■ YOUR GOAL: Return the data that follows exactly, with each line intact.

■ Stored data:
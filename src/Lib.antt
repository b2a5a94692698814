-- ===== src/Lib.antt =====
-- Time, the emulator: a model of the parts of its cores that hold and route memory, of the processor
-- of the Game Boy with the hardware that runs beside it, and of the lockstep protocol by which two
-- machines play together.
--
-- The program. The CPU of a Game Boy sees 64 KiB through `GameBoyMemoryMap`. The map owns video RAM,
-- work RAM, OAM, the I/O registers, high RAM and the boot ROM, and shows two windows of 16 KiB of the
-- cartridge's ROM. Two objects model the cartridge. `GameBoyMapper` receives the writes below 0x8000
-- and chooses the banks of the two windows, which the map copies anew when the mapper reports a change.
-- `GameBoyCartridge` answers for external RAM and the clock, and keeps the battery save and the state.
-- The processor, `LR3592_DMG`, fetches the bytes of one instruction, unless it is stopped or enters an
-- interrupt, and runs them in one of two ways: `decodeInto` and `execute` go by a table of microcode,
-- `tryFastExecuteBytes` has a case for each group of opcodes. Either ends in `retireInstruction`, which
-- runs the DMA, the serial port, the timer and the LCD for the cycles of the instruction, and with
-- each of them a cycle of the processor's sound unit. The processor has a store of its own, which
-- first offers an access to `handleMemoryRead` or `handleMemoryWrite`: they answer for the registers,
-- those of the sound unit included, and keep back what a DMA or the LCD uses. `GameBoyMachine` attaches
-- the memory map in place of that store. There the accesses do not meet the two handlers, and the
-- processor's copies of the registers follow the map by a write observer.
-- A Game Gear cartridge is one object, `GameGearCartridge` or a class derived from it, which pages the
-- ROM, keeps save RAM and writes its state as bytes; the Codemasters boards move the registers and add
-- RAM. `LockstepEngine` collects the packets of both peers for a frame and lets the machine run it
-- once both are there and start from the same state.
--
-- The files, and the code that each translates:
--   Base             shared: tests, lists over the native numbers, bits, `Outcome` for exceptions
--   GameBoy/Cartridge    cores/gameboy/cartridge/GameBoyCartridge.hpp
--     Header         `parseCartridgeMetadata` and the tables that it reads
--     State          the members and `load`
--     Banking        `fixedBankIndex`, `switchableBankIndex`, `copyRomBankWindow`, the RAM bank
--     Control        `writeControl`, one function for each kind of mapper
--     Ram            `read`, `write`, `writeExternalArea`
--     Save           `exportState`, `importState`, `exportSaveData`, `importSaveData`
--   GameBoy/Mapper       cores/gameboy/GameBoyMapper.cpp and .hpp
--   GameBoy/MemoryMap    cores/gameboy/GameBoyMemoryMap.cpp and .hpp
--     State          the members, and what installs or removes a mapping
--     Access         `readRaw`, `writeRaw`, `handleSpecialWrite`, OAM DMA, `read`, `write`
--     Save           `exportState`, `importState`
--     CodeView       `peekExecutableByte`, `checkedCodeView`
--   GameBoy/Cpu          cores/gameboy/gameboy.cpp, the processor
--     Registers      the register file, accesses to memory, cores/gameboy/decode/gb_opcode_decode.hpp
--     Cycles         the two tables of cycles
--     Dispatch       which microcode `populateOpcodes` registers for an opcode, and its length
--     Switch         which case of `tryFastExecuteBytes` serves an opcode
--     Alu            what the arithmetic, rotate and shift instructions compute
--     Microcode      the steps of the table, `executeCbOpcode`
--     Execute        `decodeInto`, `execute`, the end of `retireInstruction`
--     Fast           the cached register accesses and the bodies of the cases
--     FastCases      `tryFastExecuteBytes`, `finalizeFast`
--     Fetch          `serviceInterruptIfPending`, `fetchInto`
--   GameBoy/Clock        the loop of `retireInstruction` in cores/gameboy/gameboy.cpp
--   GameBoy/Apu          cores/gameboy/gameboy.cpp, the sound unit
--     State          the structs, the timers' periods, the status register, `initializeApu`
--     Units          envelopes, length counters, the sweep, `stepApuFrameSequencer`
--     Trigger        `triggerApuPulse`, `triggerApuWave`, `triggerApuNoise`
--     Sample         the samples of the channels, `pushApuSample`
--     Step           `stepApuOneCycle`
--     Write          `handleApuRegisterWrite`
--   GameBoy/Ports        cores/gameboy/gameboy.cpp: `handleMemoryReadUntraced`,
--                  `handleMemoryWriteUntraced`, `setJoypadState`, `resetDivider`
--   Machine/Checksum     `crc32` of machine/SaveState.cpp
--   GameGear             cores/gamegear
--     Cartridge      GameGearCartridge.cpp and .hpp, mappers/Sega3155235Mapper.hpp
--     Codemasters    mappers/CodemastersMapper.hpp
--   Netplay              machine/plugins/input/netplay/LockstepEngine.cpp and .hpp
--     Types          bindings, packets, faults, `valid`
--     Engine         the class `LockstepEngine`: `accept`, `ready`, `completeFrame`, `fail`
--     Wire           `encode`, `decode`, `digestFromHex`, `stateDigest`
-- The other files of a directory prove what their names say; Tests holds runs and examples.
--
-- Conventions. A byte, an address and a size are native natural numbers; a w-bit register keeps its
-- width by `low_bits w`, which is the remainder by 2 ^ w, and `join` puts two bit fields together.
-- Bytes are not bounded in the types: a theorem asks for a bound where it needs one. A vector, a span
-- and an array are lists; a read behind the end of a list, which the code never does, gives the stated
-- default. A member function takes the object and returns it beside its result. An exception is
-- `throws` with a constructor for each message, in the order in which the code tests. A position in a
-- byte string that is read front to back is the list of the bytes behind it. All loops but two are
-- over a list or a count; the loop of `decodeInto` has as fuel the number of bytes, which is enough
-- since every instruction has a byte, and the loop that pushes sound samples has the number of those
-- that are due. The processor takes memory as the interface `Bus`: reads and writes of some bytes at
-- an address, and what the hardware does in some cycles. It is told at which cycle of the instruction
-- a write happens, for the divider. Exceptions of a bus access are left out.
-- The register pointers that the code tests for null are those of an initialised processor. SHA-256
-- is a parameter of the definitions that use it; of it only the length of a digest is assumed, and
-- only by the round trip.
--
-- Not modelled: the observers of the memory map. The debug engine, the capture and the execution
-- snapshots are told of an access and do not change the map. The write observer that `GameBoyMachine`
-- installs does: after a write it sets 0xFF00 to what the input shows and 0xFF26 to what the second
-- sound unit shows, and it hands writes for the cartridge to `GameBoyCartridge`; the model of the map
-- is the map without it. Also left out: the files of saved states; the block cache of the processor,
-- its IR sessions and its saved state; the PPU, the second sound unit of `GameBoyAPU.cpp`, the rest of
-- the Game Gear with its processor, the instruction framework, the host services and the other
-- plugins, the netplay transport included; threads, files and devices.
pub mod Base
pub mod GameBoy
pub mod GameGear
pub mod Machine
pub mod Netplay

■ SOLUTION:
filename src/Lib.antt
repository b2a5a94692698814
-- ===== src/Lib.antt =====
-- Time, the emulator: a model of the parts of its cores that hold and route memory, of the processor
-- of the Game Boy with the hardware that runs beside it, and of the lockstep protocol by which two
-- machines play together.
--
-- The program. The CPU of a Game Boy sees 64 KiB through `GameBoyMemoryMap`. The map owns video RAM,
-- work RAM, OAM, the I/O registers, high RAM and the boot ROM, and shows two windows of 16 KiB of the
-- cartridge's ROM. Two objects model the cartridge. `GameBoyMapper` receives the writes below 0x8000
-- and chooses the banks of the two windows, which the map copies anew when the mapper reports a change.
-- `GameBoyCartridge` answers for external RAM and the clock, and keeps the battery save and the state.
-- The processor, `LR3592_DMG`, fetches the bytes of one instruction, unless it is stopped or enters an
-- interrupt, and runs them in one of two ways: `decodeInto` and `execute` go by a table of microcode,
-- `tryFastExecuteBytes` has a case for each group of opcodes. Either ends in `retireInstruction`, which
-- runs the DMA, the serial port, the timer and the LCD for the cycles of the instruction, and with
-- each of them a cycle of the processor's sound unit. The processor has a store of its own, which
-- first offers an access to `handleMemoryRead` or `handleMemoryWrite`: they answer for the registers,
-- those of the sound unit included, and keep back what a DMA or the LCD uses. `GameBoyMachine` attaches
-- the memory map in place of that store. There the accesses do not meet the two handlers, and the
-- processor's copies of the registers follow the map by a write observer.
-- A Game Gear cartridge is one object, `GameGearCartridge` or a class derived from it, which pages the
-- ROM, keeps save RAM and writes its state as bytes; the Codemasters boards move the registers and add
-- RAM. `LockstepEngine` collects the packets of both peers for a frame and lets the machine run it
-- once both are there and start from the same state.
--
-- The files, and the code that each translates:
--   Base             shared: tests, lists over the native numbers, bits, `Outcome` for exceptions
--   GameBoy/Cartridge    cores/gameboy/cartridge/GameBoyCartridge.hpp
--     Header         `parseCartridgeMetadata` and the tables that it reads
--     State          the members and `load`
--     Banking        `fixedBankIndex`, `switchableBankIndex`, `copyRomBankWindow`, the RAM bank
--     Control        `writeControl`, one function for each kind of mapper
--     Ram            `read`, `write`, `writeExternalArea`
--     Save           `exportState`, `importState`, `exportSaveData`, `importSaveData`
--   GameBoy/Mapper       cores/gameboy/GameBoyMapper.cpp and .hpp
--   GameBoy/MemoryMap    cores/gameboy/GameBoyMemoryMap.cpp and .hpp
--     State          the members, and what installs or removes a mapping
--     Access         `readRaw`, `writeRaw`, `handleSpecialWrite`, OAM DMA, `read`, `write`
--     Save           `exportState`, `importState`
--     CodeView       `peekExecutableByte`, `checkedCodeView`
--   GameBoy/Cpu          cores/gameboy/gameboy.cpp, the processor
--     Registers      the register file, accesses to memory, cores/gameboy/decode/gb_opcode_decode.hpp
--     Cycles         the two tables of cycles
--     Dispatch       which microcode `populateOpcodes` registers for an opcode, and its length
--     Switch         which case of `tryFastExecuteBytes` serves an opcode
--     Alu            what the arithmetic, rotate and shift instructions compute
--     Microcode      the steps of the table, `executeCbOpcode`
--     Execute        `decodeInto`, `execute`, the end of `retireInstruction`
--     Fast           the cached register accesses and the bodies of the cases
--     FastCases      `tryFastExecuteBytes`, `finalizeFast`
--     Fetch          `serviceInterruptIfPending`, `fetchInto`
--   GameBoy/Clock        the loop of `retireInstruction` in cores/gameboy/gameboy.cpp
--   GameBoy/Apu          cores/gameboy/gameboy.cpp, the sound unit
--     State          the structs, the timers' periods, the status register, `initializeApu`
--     Units          envelopes, length counters, the sweep, `stepApuFrameSequencer`
--     Trigger        `triggerApuPulse`, `triggerApuWave`, `triggerApuNoise`
--     Sample         the samples of the channels, `pushApuSample`
--     Step           `stepApuOneCycle`
--     Write          `handleApuRegisterWrite`
--   GameBoy/Ports        cores/gameboy/gameboy.cpp: `handleMemoryReadUntraced`,
--                  `handleMemoryWriteUntraced`, `setJoypadState`, `resetDivider`
--   Machine/Checksum     `crc32` of machine/SaveState.cpp
--   GameGear             cores/gamegear
--     Cartridge      GameGearCartridge.cpp and .hpp, mappers/Sega3155235Mapper.hpp
--     Codemasters    mappers/CodemastersMapper.hpp
--   Netplay              machine/plugins/input/netplay/LockstepEngine.cpp and .hpp
--     Types          bindings, packets, faults, `valid`
--     Engine         the class `LockstepEngine`: `accept`, `ready`, `completeFrame`, `fail`
--     Wire           `encode`, `decode`, `digestFromHex`, `stateDigest`
-- The other files of a directory prove what their names say; Tests holds runs and examples.
--
-- Conventions. A byte, an address and a size are native natural numbers; a w-bit register keeps its
-- width by `low_bits w`, which is the remainder by 2 ^ w, and `join` puts two bit fields together.
-- Bytes are not bounded in the types: a theorem asks for a bound where it needs one. A vector, a span
-- and an array are lists; a read behind the end of a list, which the code never does, gives the stated
-- default. A member function takes the object and returns it beside its result. An exception is
-- `throws` with a constructor for each message, in the order in which the code tests. A position in a
-- byte string that is read front to back is the list of the bytes behind it. All loops but two are
-- over a list or a count; the loop of `decodeInto` has as fuel the number of bytes, which is enough
-- since every instruction has a byte, and the loop that pushes sound samples has the number of those
-- that are due. The processor takes memory as the interface `Bus`: reads and writes of some bytes at
-- an address, and what the hardware does in some cycles. It is told at which cycle of the instruction
-- a write happens, for the divider. Exceptions of a bus access are left out.
-- The register pointers that the code tests for null are those of an initialised processor. SHA-256
-- is a parameter of the definitions that use it; of it only the length of a digest is assumed, and
-- only by the round trip.
--
-- Not modelled: the observers of the memory map. The debug engine, the capture and the execution
-- snapshots are told of an access and do not change the map. The write observer that `GameBoyMachine`
-- installs does: after a write it sets 0xFF00 to what the input shows and 0xFF26 to what the second
-- sound unit shows, and it hands writes for the cartridge to `GameBoyCartridge`; the model of the map
-- is the map without it. Also left out: the files of saved states; the block cache of the processor,
-- its IR sessions and its saved state; the PPU, the second sound unit of `GameBoyAPU.cpp`, the rest of
-- the Game Gear with its processor, the instruction framework, the host services and the other
-- plugins, the netplay transport included; threads, files and devices.
pub mod Base
pub mod GameBoy
pub mod GameGear
pub mod Machine
pub mod Netplay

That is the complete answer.